◆ Requirement:
Determine the number of lines in these entries that hold the word "touched". Give the number and nothing more.

########

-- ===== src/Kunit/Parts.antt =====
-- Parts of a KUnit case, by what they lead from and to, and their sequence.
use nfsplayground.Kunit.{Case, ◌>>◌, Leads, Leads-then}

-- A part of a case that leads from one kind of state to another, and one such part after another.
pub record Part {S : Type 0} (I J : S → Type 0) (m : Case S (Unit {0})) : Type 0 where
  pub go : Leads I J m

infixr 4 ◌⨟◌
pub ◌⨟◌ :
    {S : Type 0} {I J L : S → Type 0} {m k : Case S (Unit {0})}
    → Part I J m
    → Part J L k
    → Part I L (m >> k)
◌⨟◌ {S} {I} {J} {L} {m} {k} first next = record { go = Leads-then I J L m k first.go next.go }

########

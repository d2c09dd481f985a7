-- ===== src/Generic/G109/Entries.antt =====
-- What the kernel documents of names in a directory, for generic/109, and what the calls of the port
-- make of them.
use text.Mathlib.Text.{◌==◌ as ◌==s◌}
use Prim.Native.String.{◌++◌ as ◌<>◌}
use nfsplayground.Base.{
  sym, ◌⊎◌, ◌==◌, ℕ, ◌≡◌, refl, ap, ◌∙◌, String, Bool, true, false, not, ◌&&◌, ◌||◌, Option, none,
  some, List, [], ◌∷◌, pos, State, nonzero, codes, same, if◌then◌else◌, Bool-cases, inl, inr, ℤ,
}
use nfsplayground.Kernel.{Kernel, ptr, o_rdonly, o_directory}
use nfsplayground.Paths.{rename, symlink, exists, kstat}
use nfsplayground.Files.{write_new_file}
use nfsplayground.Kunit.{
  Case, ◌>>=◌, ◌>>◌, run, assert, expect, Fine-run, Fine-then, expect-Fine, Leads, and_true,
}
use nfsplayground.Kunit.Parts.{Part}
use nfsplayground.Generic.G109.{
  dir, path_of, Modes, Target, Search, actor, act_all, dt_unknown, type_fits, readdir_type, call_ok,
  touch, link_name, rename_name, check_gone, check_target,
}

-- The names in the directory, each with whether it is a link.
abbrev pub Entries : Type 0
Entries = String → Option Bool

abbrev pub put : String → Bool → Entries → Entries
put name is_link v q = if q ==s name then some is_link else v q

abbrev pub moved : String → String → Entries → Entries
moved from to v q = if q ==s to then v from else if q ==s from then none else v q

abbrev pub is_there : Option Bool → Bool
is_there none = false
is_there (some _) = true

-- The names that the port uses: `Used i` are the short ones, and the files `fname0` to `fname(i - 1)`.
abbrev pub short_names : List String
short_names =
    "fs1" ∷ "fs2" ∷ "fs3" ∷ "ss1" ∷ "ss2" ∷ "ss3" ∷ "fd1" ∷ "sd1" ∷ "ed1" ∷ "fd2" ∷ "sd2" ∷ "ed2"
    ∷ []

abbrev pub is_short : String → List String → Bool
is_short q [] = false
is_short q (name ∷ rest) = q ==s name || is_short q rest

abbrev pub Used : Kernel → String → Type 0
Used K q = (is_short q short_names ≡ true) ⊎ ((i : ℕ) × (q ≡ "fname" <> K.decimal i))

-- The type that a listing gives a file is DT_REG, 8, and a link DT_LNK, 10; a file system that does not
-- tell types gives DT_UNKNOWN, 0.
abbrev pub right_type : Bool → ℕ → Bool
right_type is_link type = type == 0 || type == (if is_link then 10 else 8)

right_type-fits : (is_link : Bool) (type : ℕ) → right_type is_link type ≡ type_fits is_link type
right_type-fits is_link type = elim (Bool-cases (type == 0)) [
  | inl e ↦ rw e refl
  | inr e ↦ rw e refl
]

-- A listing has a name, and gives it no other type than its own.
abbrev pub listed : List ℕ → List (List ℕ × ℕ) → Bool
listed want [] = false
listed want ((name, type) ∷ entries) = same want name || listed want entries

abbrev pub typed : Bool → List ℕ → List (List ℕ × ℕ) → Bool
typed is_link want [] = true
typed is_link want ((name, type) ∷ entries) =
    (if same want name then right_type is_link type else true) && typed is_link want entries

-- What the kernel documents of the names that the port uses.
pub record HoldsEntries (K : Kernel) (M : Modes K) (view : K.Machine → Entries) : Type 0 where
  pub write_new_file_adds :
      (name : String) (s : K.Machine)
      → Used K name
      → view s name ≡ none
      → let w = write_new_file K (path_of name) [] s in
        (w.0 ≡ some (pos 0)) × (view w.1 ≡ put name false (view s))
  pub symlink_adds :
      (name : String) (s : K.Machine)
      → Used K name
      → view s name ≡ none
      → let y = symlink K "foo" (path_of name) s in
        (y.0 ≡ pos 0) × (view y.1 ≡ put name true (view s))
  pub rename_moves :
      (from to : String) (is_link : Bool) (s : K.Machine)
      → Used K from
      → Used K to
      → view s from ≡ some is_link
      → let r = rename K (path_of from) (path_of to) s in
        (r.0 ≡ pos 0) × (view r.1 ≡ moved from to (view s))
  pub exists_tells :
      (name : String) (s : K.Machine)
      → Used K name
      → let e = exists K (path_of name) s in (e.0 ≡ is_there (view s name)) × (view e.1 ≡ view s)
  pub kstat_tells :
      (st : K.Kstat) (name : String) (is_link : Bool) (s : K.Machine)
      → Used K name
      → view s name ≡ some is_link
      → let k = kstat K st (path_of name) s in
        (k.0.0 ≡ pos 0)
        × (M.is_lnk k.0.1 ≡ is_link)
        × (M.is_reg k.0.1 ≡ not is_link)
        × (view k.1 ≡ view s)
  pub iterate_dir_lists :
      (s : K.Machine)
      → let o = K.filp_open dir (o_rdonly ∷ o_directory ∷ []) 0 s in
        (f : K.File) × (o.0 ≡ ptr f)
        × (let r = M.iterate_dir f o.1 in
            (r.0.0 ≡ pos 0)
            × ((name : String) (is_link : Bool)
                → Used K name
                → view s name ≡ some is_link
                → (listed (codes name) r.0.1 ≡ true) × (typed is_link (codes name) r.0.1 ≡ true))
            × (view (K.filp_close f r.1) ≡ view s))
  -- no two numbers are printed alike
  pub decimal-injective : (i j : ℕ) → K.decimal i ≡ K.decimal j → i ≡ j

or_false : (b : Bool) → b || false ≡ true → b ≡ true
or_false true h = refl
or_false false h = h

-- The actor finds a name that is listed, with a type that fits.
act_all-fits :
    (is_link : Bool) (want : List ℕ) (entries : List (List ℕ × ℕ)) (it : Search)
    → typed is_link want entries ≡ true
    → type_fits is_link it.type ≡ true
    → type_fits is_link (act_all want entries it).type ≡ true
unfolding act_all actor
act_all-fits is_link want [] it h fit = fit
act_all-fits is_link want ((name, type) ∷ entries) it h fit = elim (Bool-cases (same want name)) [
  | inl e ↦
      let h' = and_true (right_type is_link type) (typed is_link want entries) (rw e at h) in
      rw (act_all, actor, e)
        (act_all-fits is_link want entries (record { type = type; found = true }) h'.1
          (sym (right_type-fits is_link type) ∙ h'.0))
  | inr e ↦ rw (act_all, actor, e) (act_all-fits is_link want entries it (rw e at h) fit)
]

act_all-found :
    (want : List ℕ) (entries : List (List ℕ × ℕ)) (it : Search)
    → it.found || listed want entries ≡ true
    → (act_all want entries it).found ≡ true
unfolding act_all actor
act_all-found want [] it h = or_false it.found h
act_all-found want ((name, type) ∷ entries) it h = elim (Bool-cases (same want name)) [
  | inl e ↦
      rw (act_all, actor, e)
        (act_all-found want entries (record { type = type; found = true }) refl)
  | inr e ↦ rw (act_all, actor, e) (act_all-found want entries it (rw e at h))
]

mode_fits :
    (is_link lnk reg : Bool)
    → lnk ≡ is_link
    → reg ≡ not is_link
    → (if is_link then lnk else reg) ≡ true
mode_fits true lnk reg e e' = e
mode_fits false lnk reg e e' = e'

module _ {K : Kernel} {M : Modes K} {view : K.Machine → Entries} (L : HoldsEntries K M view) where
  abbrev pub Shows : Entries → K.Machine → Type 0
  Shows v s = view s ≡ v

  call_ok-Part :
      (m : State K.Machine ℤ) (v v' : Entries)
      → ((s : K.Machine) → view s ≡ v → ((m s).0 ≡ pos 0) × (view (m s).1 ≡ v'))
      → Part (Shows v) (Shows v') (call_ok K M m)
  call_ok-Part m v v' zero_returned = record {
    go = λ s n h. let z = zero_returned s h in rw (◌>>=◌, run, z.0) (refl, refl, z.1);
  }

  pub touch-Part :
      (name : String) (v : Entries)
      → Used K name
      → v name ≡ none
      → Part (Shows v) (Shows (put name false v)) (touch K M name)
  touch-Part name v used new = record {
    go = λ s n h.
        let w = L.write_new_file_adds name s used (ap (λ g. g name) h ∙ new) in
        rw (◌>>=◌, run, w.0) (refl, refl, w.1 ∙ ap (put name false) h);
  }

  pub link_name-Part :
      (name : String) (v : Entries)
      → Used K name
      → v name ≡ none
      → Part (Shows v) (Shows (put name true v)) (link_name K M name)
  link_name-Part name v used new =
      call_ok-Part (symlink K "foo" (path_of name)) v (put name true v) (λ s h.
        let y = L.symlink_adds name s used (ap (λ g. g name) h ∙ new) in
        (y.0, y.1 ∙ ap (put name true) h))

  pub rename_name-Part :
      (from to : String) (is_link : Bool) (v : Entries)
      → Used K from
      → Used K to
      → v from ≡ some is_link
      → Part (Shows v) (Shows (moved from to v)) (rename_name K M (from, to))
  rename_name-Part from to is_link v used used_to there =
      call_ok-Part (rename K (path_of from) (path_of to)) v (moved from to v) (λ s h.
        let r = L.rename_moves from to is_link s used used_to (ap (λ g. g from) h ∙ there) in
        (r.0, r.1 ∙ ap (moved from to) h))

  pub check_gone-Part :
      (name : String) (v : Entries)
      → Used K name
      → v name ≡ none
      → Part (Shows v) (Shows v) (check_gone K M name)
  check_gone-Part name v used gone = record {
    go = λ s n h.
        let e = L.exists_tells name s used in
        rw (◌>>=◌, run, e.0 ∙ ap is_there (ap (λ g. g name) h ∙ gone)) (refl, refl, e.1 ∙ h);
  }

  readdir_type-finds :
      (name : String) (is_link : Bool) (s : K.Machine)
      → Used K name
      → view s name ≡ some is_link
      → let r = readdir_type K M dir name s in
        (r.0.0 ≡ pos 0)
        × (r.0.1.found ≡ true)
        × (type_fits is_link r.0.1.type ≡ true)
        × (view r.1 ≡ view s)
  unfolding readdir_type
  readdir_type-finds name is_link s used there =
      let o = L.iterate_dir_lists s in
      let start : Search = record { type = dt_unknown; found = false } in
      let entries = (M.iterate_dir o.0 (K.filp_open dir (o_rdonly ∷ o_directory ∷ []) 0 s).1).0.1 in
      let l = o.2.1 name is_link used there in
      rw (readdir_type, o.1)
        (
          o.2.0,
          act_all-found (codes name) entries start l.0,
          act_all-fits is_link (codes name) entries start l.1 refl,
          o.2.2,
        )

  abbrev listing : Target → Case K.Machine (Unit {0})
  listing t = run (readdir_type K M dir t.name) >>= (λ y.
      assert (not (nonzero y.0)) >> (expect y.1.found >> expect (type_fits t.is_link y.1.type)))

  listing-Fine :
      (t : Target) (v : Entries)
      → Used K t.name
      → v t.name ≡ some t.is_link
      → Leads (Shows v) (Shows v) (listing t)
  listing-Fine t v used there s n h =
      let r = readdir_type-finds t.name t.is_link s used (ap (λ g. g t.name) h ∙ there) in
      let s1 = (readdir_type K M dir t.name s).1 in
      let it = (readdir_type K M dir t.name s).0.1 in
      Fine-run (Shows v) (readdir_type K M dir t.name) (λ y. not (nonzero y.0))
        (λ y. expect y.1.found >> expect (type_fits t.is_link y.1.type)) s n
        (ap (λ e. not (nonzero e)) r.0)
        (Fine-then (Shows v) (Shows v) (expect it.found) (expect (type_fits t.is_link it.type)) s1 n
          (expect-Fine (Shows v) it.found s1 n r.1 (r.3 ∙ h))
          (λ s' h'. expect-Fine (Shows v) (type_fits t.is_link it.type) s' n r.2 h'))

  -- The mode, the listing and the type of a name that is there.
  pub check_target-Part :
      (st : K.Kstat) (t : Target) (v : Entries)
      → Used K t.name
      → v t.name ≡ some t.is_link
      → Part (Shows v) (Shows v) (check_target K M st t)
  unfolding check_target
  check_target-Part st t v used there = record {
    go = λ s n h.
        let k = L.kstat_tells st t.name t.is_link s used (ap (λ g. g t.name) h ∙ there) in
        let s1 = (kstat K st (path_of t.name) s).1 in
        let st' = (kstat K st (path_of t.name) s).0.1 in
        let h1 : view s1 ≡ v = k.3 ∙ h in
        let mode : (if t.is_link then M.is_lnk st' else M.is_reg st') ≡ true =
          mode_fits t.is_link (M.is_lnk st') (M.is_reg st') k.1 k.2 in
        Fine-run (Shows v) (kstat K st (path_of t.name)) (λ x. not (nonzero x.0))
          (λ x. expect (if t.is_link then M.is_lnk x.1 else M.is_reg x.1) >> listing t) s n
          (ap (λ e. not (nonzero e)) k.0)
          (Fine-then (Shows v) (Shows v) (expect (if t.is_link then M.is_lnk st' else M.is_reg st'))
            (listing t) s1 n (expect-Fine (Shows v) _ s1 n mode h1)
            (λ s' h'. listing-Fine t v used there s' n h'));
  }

########

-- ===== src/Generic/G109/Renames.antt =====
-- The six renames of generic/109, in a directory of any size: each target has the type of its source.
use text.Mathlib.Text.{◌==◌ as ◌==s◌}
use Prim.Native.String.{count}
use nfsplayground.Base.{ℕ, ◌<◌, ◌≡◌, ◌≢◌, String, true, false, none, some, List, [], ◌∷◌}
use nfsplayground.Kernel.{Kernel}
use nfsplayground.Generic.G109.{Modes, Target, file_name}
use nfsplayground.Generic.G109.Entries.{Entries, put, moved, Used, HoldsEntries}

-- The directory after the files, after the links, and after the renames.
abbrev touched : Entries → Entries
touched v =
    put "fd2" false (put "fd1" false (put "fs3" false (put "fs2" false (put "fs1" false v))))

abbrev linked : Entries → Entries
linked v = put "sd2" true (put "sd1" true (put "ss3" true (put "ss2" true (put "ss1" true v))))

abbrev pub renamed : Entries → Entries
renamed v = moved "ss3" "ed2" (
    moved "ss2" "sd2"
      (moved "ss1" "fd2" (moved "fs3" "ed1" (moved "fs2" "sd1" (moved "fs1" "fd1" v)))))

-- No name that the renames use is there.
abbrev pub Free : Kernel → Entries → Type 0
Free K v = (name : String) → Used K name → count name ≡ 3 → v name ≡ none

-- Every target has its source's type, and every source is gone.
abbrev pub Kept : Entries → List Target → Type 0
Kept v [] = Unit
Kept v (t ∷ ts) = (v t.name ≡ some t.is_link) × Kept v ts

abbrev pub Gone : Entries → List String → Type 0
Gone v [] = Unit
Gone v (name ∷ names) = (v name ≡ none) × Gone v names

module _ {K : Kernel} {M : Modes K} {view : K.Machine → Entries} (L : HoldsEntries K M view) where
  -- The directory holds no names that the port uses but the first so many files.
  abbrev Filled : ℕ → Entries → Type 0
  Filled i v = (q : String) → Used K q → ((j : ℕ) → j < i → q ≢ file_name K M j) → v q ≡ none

########

◆ Exercise response:
2